En 1909, Lionel Monckton et Howard Talbot avaient tous deux connu un succès considérable en écrivant des chansons et des partitions pour des «comédies musicales édouardiennes». Monckton a contribué à de nombreux spectacles à succès produits par George Edwardes, notamment The Geisha () (1896) et Our Miss Gibbs (1909). Il a aussi écrit les partitions complètes pour des succès tels que A Country Girl et The Cingalee. Talbot a connu un succès monstrueux avec A Chinese Honeymoon et a écrit d'autres long-running musicals comme The Girl from Kays. Il avait travaillé avec l'écrivain Alexander M. Thompson et le producteur Robert Courtneidge auparavant, y compris sur The Blue Moon.

Comme nous l'avons dit, historiquement, musicalement et dramatiquement, The Arcadians () et les autres «comédies musicales édouardiennes» se situent entre le monde en déclin du «Savoy Opera» (avec en tête d'affiche les oeuvres de Gilbert et Sullivan ) et les styles ultérieurs de comédie musicale et de music-hall. The Arcadians () l'illustrent particulièrement, les Arcadiens innocents représentant l'ancien style et les Londoniens impétueux incarnant le nouveau. Ce contraste entre simplicité et cynisme anime l’intrigue et son humour, ce contratse incarné par le personnage de Smith, transformé magiquement au cours de la pièce.

C.2) Réception du spectacle

Le spectacle a reçu des critiques favorables:

  • The Observer: tout en notant qu'aborder un thème arcadien provoquait obligatoirement des comparaisons avec Gilbert, le journal a constaté que la nouvelle pièce «se démarquait parmi les autres pièces de son genre par des moments à mémoriser avec joie».
  • The Manchester Guardian a déclaré que la pièce serait «accueillie par les habitués de la comédie musicale qui avaient reçu toute leur dose de The Merry Widow». Il a aussi loué l'originalité de l'écriture et a qualifié la partition de «simple et sans prétention, mais mélodieuse et agréable».
  • The Times a déclaré que Lionel Monckton et Howard Talbot se sont surpassés dans leur musique et que la production de Courtneidge «fait preuve d'ingéniosité, de soin et - dans une certaine mesure - d'originalité, de sorte que les éléments familiers prennent un aspect inconnu et que les nouvelles choses produisent pleinement leurs effets».
  • The Daily Express a fait remarquer que «cela fait sûrement longtemps que le public n'a eu autant de plaisir à une Première ... [Courtneidge] a réalisé ce qui semblait impossible.

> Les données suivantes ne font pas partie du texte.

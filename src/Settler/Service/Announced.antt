-- ===== src/Settler/Service/Announced.antt =====
-- `notify_seen_payments` (settler/service.py) by two workers that read the same payments.
use notchstave.Common.{ℕ, ◌≡◌, refl, false, none, some, List, [], ◌∷◌, arith}
use notchstave.Common.Rows.{find-update}
use notchstave.Settler.Ledger.{Invoice, Payment, NotificationKind, Ledger}
use notchstave.Settler.Ledger.Payments.{
  is_unnotified, payment_has, find_payment, mark_payment_seen_notified,
}
use notchstave.Settler.Ledger.Outbox.{enqueue_notification}
use notchstave.Settler.Service.Sweeps.{
  notify_seen_row, notify_seen_rows, notify_seen_payments, unnotified_seen_payments,
}

-- The payment is claimed: the compare-and-set of `seen_notified_at` fails.
unfoldable IsClaimed : ℕ → Ledger → Type 0
IsClaimed id db = payment_has (λ p. is_unnotified p.seen_notified_at) (find_payment id db) ≡ false

mark-IsClaimed :
    (j id : ℕ) (db : Ledger) → IsClaimed j db → IsClaimed j (mark_payment_seen_notified id db).1
unfolding mark_payment_seen_notified IsClaimed
mark-IsClaimed j id db claimed = ground (
  arith,
  find-update (λ (p : Payment). p.id) j id (λ p. record p { seen_notified_at = some db.now })
      db.payments (λ p. refl),
)

mark-claims : (id : ℕ) (db : Ledger) → IsClaimed id (mark_payment_seen_notified id db).1
unfolding mark_payment_seen_notified IsClaimed
mark-claims id db = ground (
  arith,
  find-update (λ (p : Payment). p.id) id id (λ p. record p { seen_notified_at = some db.now })
      db.payments (λ p. refl),
)

enqueue-IsClaimed :
    (j user : ℕ) (kind : NotificationKind) (ref key : ℕ) (db : Ledger)
    → IsClaimed j db
    → IsClaimed j (enqueue_notification user kind ref key db).1
unfolding enqueue_notification IsClaimed
enqueue-IsClaimed j user kind ref key db claimed = ground arith

notify_seen_row-IsClaimed :
    (j : ℕ) (p : Payment) (r : Invoice) (db : Ledger)
    → IsClaimed j db
    → IsClaimed j (notify_seen_row p r db).1
unfolding notify_seen_row
notify_seen_row-IsClaimed j p r db claimed =
    grind (arith, mark-IsClaimed j p.id db claimed, enqueue-IsClaimed j)

notify_seen_row-claims :
    (p : Payment) (r : Invoice) (db : Ledger) → IsClaimed p.id (notify_seen_row p r db).1
unfolding notify_seen_row
notify_seen_row-claims p r db = grind (arith, mark-claims p.id db, enqueue-IsClaimed p.id)

notify_seen_rows-IsClaimed :
    (j : ℕ) (rows : List (Payment × Invoice)) (db : Ledger)
    → IsClaimed j db
    → IsClaimed j (notify_seen_rows rows db).1
unfolding notify_seen_rows
notify_seen_rows-IsClaimed j [] db claimed = claimed
notify_seen_rows-IsClaimed j ((p, r) ∷ rows) db claimed =
    notify_seen_rows-IsClaimed j rows (notify_seen_row p r db).1
      (notify_seen_row-IsClaimed j p r db claimed)

unfoldable AllClaimed : List (Payment × Invoice) → Ledger → Type 0
AllClaimed [] db = Unit
AllClaimed ((p, r) ∷ rows) db = IsClaimed p.id db × AllClaimed rows db

notify_seen_rows-AllClaimed :
    (rows : List (Payment × Invoice)) (db : Ledger) → AllClaimed rows (notify_seen_rows rows db).1
unfolding notify_seen_rows AllClaimed
notify_seen_rows-AllClaimed [] db = tt
notify_seen_rows-AllClaimed ((p, r) ∷ rows) db =
    let db1 = (notify_seen_row p r db).1 in
    (
      notify_seen_rows-IsClaimed p.id rows db1 (notify_seen_row-claims p r db),
      notify_seen_rows-AllClaimed rows db1,
    )

claimed_row :
    (p : Payment) (r : Invoice) (db : Ledger)
    → IsClaimed p.id db
    → notify_seen_row p r db ≡ (none, db)
unfolding notify_seen_row mark_payment_seen_notified IsClaimed
claimed_row p r db claimed = rw claimed refl

claimed_rows :
    (rows : List (Payment × Invoice)) (db : Ledger)
    → AllClaimed rows db
    → notify_seen_rows rows db ≡ ([], db)
unfolding notify_seen_rows AllClaimed
claimed_rows [] db claimed = refl
claimed_rows ((p, r) ∷ rows) db (claimed, rest) =
    rw (claimed_row p r db claimed, claimed_rows rows db rest) refl

-- Where one worker has announced the payments that it read, a second worker that read the same payments
-- before announces none of them and changes nothing.
pub notify_seen_rows-once :
    (limit : ℕ) (db : Ledger)
    → notify_seen_rows (unnotified_seen_payments limit db) (notify_seen_payments limit db).1
      ≡ ([], (notify_seen_payments limit db).1)
unfolding notify_seen_payments
notify_seen_rows-once limit db =
    claimed_rows (unnotified_seen_payments limit db)
      (notify_seen_rows (unnotified_seen_payments limit db) db).1
      (notify_seen_rows-AllClaimed (unnotified_seen_payments limit db) db)
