-- ===== src/Settler/Service/Deadlines.antt =====
-- The expiry past the rate lock (settler/service.py).
use notchstave.Common.{ℕ, ◌≡◌, true, false, List, [], ◌∷◌, arith}
use notchstave.Settler.Ledger.{Invoice, Payment, Ledger}
use notchstave.Settler.Ledger.Invoices.{has_payment, expire_invoice_past_rate_lock}
use notchstave.Settler.Ledger.Outbox.{enqueue_notification, write_audit}
use notchstave.Settler.Service.Sweeps.{
  expire_stale_row, expire_stale_rows, expire_stale_invoices, invoices_past_rate_lock,
}

-- No invoice of the list has a payment.
unfoldable pub AllUnpaid : List Payment → List ℕ → Type 0
AllUnpaid payments [] = Unit
AllUnpaid payments (i ∷ ids) = (has_payment i payments ≡ false) × AllUnpaid payments ids

payments-expire_stale_row :
    (r : Invoice) (db : Ledger) → (expire_stale_row r db).1.payments ≡ db.payments
unfolding expire_stale_row expire_invoice_past_rate_lock enqueue_notification write_audit
payments-expire_stale_row r db = ground arith

expire_stale_row-unpaid :
    (r : Invoice) (db : Ledger)
    → (expire_stale_row r db).0 ≡ true
    → has_payment r.id db.payments ≡ false
unfolding expire_stale_row expire_invoice_past_rate_lock
expire_stale_row-unpaid r db moved = ground arith

expire_stale_rows-AllUnpaid :
    (rows : List Invoice) (db : Ledger) → AllUnpaid db.payments (expire_stale_rows rows db).0
unfolding expire_stale_rows AllUnpaid
expire_stale_rows-AllUnpaid [] db = tt
expire_stale_rows-AllUnpaid (r ∷ rows) db = grind (
  arith,
  payments-expire_stale_row r db,
  expire_stale_row-unpaid r db,
  expire_stale_rows-AllUnpaid rows (expire_stale_row r db).1,
)

-- Every invoice that the pass past the rate lock expires has no payment row at all, of any status.
pub expire_stale_invoices-AllUnpaid :
    (limit : ℕ) (db : Ledger) → AllUnpaid db.payments (expire_stale_invoices limit db).0
unfolding expire_stale_invoices
expire_stale_invoices-AllUnpaid limit db =
    expire_stale_rows-AllUnpaid (invoices_past_rate_lock limit db) db
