-- ===== src/Settler/Service/Granted.antt =====
-- The grants of `settle_invoice` (settler/service.py), against the tables before and after it.
use notchstave.Common.{ℕ, ◌≡◌, refl, true, Option, none, some, List, [], ◌∷◌, arith, ◌⊎◌, inl, inr}
use notchstave.Common.Int.{ℤ}
use notchstave.Enums.{is_live}
use notchstave.Invoicing.Integrity.{verify_mac}
use notchstave.Settler.Policy.{MoneyPolicy}
use notchstave.Settler.Ledger.{Payment, Ledger}
use notchstave.Settler.Ledger.Invoices.{InvoiceContext, lock_invoice}
use notchstave.Settler.Ledger.Payments.{invoice_payments}
use notchstave.Settler.Ledger.Outbox.{open_manual_review}
use notchstave.Settler.Service.{
  Result, done, raised, SettlementResult, candidates, sum_raw, open_reviews_for_anomalies,
}
use notchstave.Settler.Service.Settle.{
  terms, classify_for, rule_for, cutoff_for, promote_candidates, settle_funded, settle_live,
  settle_locked, settle_invoice, refuse_tampered_invoice,
}
use notchstave.Settler.Service.Funded.{total_in, IsPaidFor, settle_decided-IsPaidFor}

pub blocks-open_reviews_for_anomalies :
    (i : ℕ) (ps : List Payment) (db : Ledger)
    → (open_reviews_for_anomalies i ps db).1.blocks ≡ db.blocks
unfolding open_reviews_for_anomalies open_manual_review
blocks-open_reviews_for_anomalies i [] db = refl
blocks-open_reviews_for_anomalies i (p ∷ ps) db =
    grind (arith, blocks-open_reviews_for_anomalies i ps)

module _ (policy : MoneyPolicy) where
  -- The height up to which payments count: the regime for all that is at stake.
  abbrev pub cutoff_at : InvoiceContext → Ledger → ℤ
  cutoff_at ctx db =
      cutoff_for policy ctx
        (rule_for policy ctx
          (sum_raw (candidates ctx (invoice_payments ctx.invoice.id db.payments))))
        db

  settle_live-IsPaidFor :
      (ctx : InvoiceContext) (db : Ledger)
      → IsPaidFor policy ctx (cutoff_at ctx db) (settle_live policy ctx db)
  unfolding settle_live settle_funded IsPaidFor
  settle_live-IsPaidFor ctx db =
      let payments = invoice_payments ctx.invoice.id db.payments in
      let (reviews, db1) = open_reviews_for_anomalies ctx.invoice.id payments db in
      let ps = candidates ctx payments in
      let rule = rule_for policy ctx (sum_raw ps) in
      let db2 = promote_candidates (cutoff_at ctx db) ps db1 in
      rw (blocks-open_reviews_for_anomalies ctx.invoice.id payments db) (
        ground (
          arith,
          settle_decided-IsPaidFor policy
              (classify_for policy ctx (total_in ctx (cutoff_at ctx db) db2.payments)) ctx rule ps
              (cutoff_at ctx db) reviews db2 refl,
        ))

  module _ (mac : List ℕ → List ℕ) where
    -- A result grants nothing; or the invoice was found, its MAC verified and it was live, and the
    -- decision of the policy for its settled total, as the tables afterwards have it, grants.
    unfoldable pub GrantIsPaid :
        Option InvoiceContext → Ledger → Result (SettlementResult × Ledger) → Type 0
    GrantIsPaid found db (raised e) = Unit
    GrantIsPaid found db (done (r, after)) =
        (r.entitlement_id ≡ none)
        ⊎ ((ctx : InvoiceContext) × ((found ≡ some ctx)
              × ((verify_mac mac ctx.invoice.integrity_mac (terms ctx) ≡ true)
                  × ((is_live ctx.invoice.status ≡ true)
                      × IsPaidFor policy ctx (cutoff_at ctx db) (done (r, after))))))

    from_live :
        (ctx : InvoiceContext) (db : Ledger) (res : Result (SettlementResult × Ledger))
        → verify_mac mac ctx.invoice.integrity_mac (terms ctx) ≡ true
        → is_live ctx.invoice.status ≡ true
        → IsPaidFor policy ctx (cutoff_at ctx db) res
        → GrantIsPaid (some ctx) db res
    unfolding GrantIsPaid
    from_live ctx db (raised e) verified live paid = tt
    from_live ctx db (done (r, after)) verified live paid =
        inr (ctx, (refl, (verified, (live, paid))))

    refuse_tampered-GrantIsPaid :
        (ctx : InvoiceContext) (db : Ledger)
        → GrantIsPaid (some ctx) db (done (refuse_tampered_invoice ctx db))
    unfolding refuse_tampered_invoice GrantIsPaid
    refuse_tampered-GrantIsPaid ctx db = inl refl

    settle_locked-GrantIsPaid :
        (i : ℕ) (found : Option InvoiceContext) (db : Ledger)
        → GrantIsPaid found db (settle_locked policy mac i found db)
    unfolding settle_locked GrantIsPaid
    settle_locked-GrantIsPaid i none db = tt
    settle_locked-GrantIsPaid i (some ctx) db = ground (
      arith,
      refuse_tampered-GrantIsPaid ctx db,
      from_live ctx db (settle_live policy ctx db),
      settle_live-IsPaidFor ctx db,
    )

    -- A settlement that grants anything has found the invoice live with a MAC that verifies, and the
    -- policy's decision grants for the settled total that the tables afterwards have, at the height that
    -- the confirmation regime allows for all the money at stake.
    pub settle_invoice-GrantIsPaid :
        (i : ℕ) (db : Ledger) → GrantIsPaid (lock_invoice i db) db (settle_invoice policy mac i db)
    unfolding settle_invoice
    settle_invoice-GrantIsPaid i db = settle_locked-GrantIsPaid i (lock_invoice i db) db
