-- ===== src/NodeApi/Parser/Versions.antt =====
-- The parsers of internal/common/parser/cosmos.go on the two shapes in which nodes wrap the same
-- data, and the decoding of attributes.
use mathlib.Core.Path.{ap₂}
use cvms.LightClient.Events.{Attribute, BlockEvent}
use cvms.NodeApi.Parser.{decode_attributes, decode_events}
use cvms.Base.{
  map, Bool-cases, inl, inr, sym, ap, ◌∙◌, beq_self, if_ind, refl, ◌≡◌, String, true, false, List,
  [], ◌∷◌, ◌==◌, string_eq, Error, ok, err,
}
use cvms.Indexer.Types.{CosmosValidator}
use cvms.NodeApi.Parser.{
  CosmosBlock, CosmosValidators, Decoders, cosmos_block_parser, cosmos_validator_parser,
  decode_base64_if_possible,
}

-- `resp34` and `resp37` are one block, written by a node up to v0.34 and by one from v0.37 on.
pub record SameBlock (d : Decoders) (resp34 resp37 : String) (b : CosmosBlock) : Type 0 where
  pub block_with_jsonrpc : d.has_jsonrpc resp34 ≡ ok true
  pub block_without_jsonrpc : d.has_jsonrpc resp37 ≡ ok false
  pub block_read_v34 : d.block_v34 resp34 ≡ ok b
  pub block_read_v37 : d.block_v37 resp37 ≡ ok b

-- Both responses give the same result, whether or not the heights in them are numbers.
pub cosmos_block_parser_versions :
    (d : Decoders) (resp34 resp37 : String) (b : CosmosBlock)
    → SameBlock d resp34 resp37 b
    → cosmos_block_parser d resp34 ≡ cosmos_block_parser d resp37
unfolding cosmos_block_parser
cosmos_block_parser_versions d resp34 resp37 b same =
    rw (
      same.block_with_jsonrpc, same.block_without_jsonrpc, same.block_read_v34, same.block_read_v37,
    )

-- Likewise for validators. The v0.34 type is tried on either: on a v0.37 response it finds none.
pub record SameValidators (d : Decoders) (resp34 resp37 : String) (v : CosmosValidators)
    : Type 0 where
  pub validators_read_v34 : d.validators_v34 resp34 ≡ ok v
  pub validators_wrong_v34 : d.validators_v34 resp37 ≡ ok (record { validators = []; total = "" })
  pub validators_read_v37 : d.validators_v37 resp37 ≡ ok v
  pub validators_wrong_v37 : d.validators_v37 resp34 ≡ ok (record { validators = []; total = "" })

-- Of a page with at least one validator both responses give the same, be its total a number or not.
pub cosmos_validator_parser_versions :
    (d : Decoders) (resp34 resp37 : String) (c : CosmosValidator) (cs : List CosmosValidator)
    (total : String)
    → SameValidators d resp34 resp37 (record { validators = c ∷ cs; total = total })
    → cosmos_validator_parser d resp34 ≡ cosmos_validator_parser d resp37
unfolding cosmos_validator_parser
cosmos_validator_parser_versions d resp34 resp37 c cs total same =
    rw (same.validators_read_v34, same.validators_wrong_v34, same.validators_read_v37)

-- What RFC 4648 says of the standard base64 of a text.
pub record Base64Laws (d : Decoders) : Type 0 where
  pub decode-encode : (s : String) → d.decode_base64 (d.encode_base64 s) ≡ ok s
  pub encode_nil : d.encode_base64 "" ≡ ""
  pub encode_nonempty : (s : String) → d.encode_base64 s ≡ "" → s ≡ ""

-- The events as a node that encodes the keys and values of attributes writes them.
abbrev pub encode_attributes : Decoders → List Attribute → List Attribute
encode_attributes d l =
    map (λ a. record { key = d.encode_base64 a.key; value = d.encode_base64 a.value }) l

abbrev pub encode_events : Decoders → List BlockEvent → List BlockEvent
encode_events d l =
    map (λ e. record { type_name = e.type_name; attributes = encode_attributes d e.attributes }) l

module _ (d : Decoders) (laws : Base64Laws d) where
  decode_base64_if_possible-encode :
      (s : String) → decode_base64_if_possible d (d.encode_base64 s) ≡ s
  unfolding decode_base64_if_possible
  decode_base64_if_possible-encode s = elim (Bool-cases (d.encode_base64 s == "")) [
    | inl e ↦
        let empty = (string_eq.test_iff (d.encode_base64 s) "").0 e in
        rw e (empty ∙ sym (laws.encode_nonempty s empty))
    | inr e ↦ rw (e, laws.decode-encode s, beq_self (d.encode_base64 s))
  ]

  decode_attributes-encode : (l : List Attribute) → decode_attributes d (encode_attributes d l) ≡ l
  unfolding decode_attributes
  decode_attributes-encode [] = refl
  decode_attributes-encode (a ∷ l) =
      ap₂ (λ (b : Attribute) k. b ∷ k)
        (ap₂ (λ x y. let b : Attribute = record { key = x; value = y } in b)
          (decode_base64_if_possible-encode a.key) (decode_base64_if_possible-encode a.value))
        (decode_attributes-encode l)

  -- Events whose attributes are in base64 are read as what they encode, empty keys and values too.
  pub decode_events-encode : (l : List BlockEvent) → decode_events d (encode_events d l) ≡ l
  unfolding decode_events
  decode_events-encode [] = refl
  decode_events-encode (e ∷ l) =
      ap₂ (λ (b : BlockEvent) k. b ∷ k)
        (ap (λ x. let b : BlockEvent = record { type_name = e.type_name; attributes = x } in b)
          (decode_attributes-encode e.attributes))
        (decode_events-encode l)

  -- A text that base64 does not read is kept.
  pub decode_base64_if_possible_plain :
      (text : String) (e : Error)
      → d.decode_base64 text ≡ err e
      → decode_base64_if_possible d text ≡ text
  unfolding decode_base64_if_possible
  decode_base64_if_possible_plain text e failed =
      rw failed (if_ind (λ x. x ≡ text) (text == "") text text refl refl)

Il a produit une nouvelle comédie musicale qui est vraiment nouvelle.» Le journal a fait l'éloge des chansons The pipes of Pan, Light is my hear, La fille au brogu, Sweet Simplicitas et My motter.

D) Pourquoi ont-elles disparu aujourd'hui?

Les «comédies musicales édouardiennes» sont très rarement jouées à notre époque. Pourquoi? Il n'y a pas de vraie raison. On peut dire qu'à notre époque, pour beaucoup, avant Show Boat () il n'y a rien d'autres que les oeuvres de Gilbert & Sullivan! Tout l'entre-deux a disparu.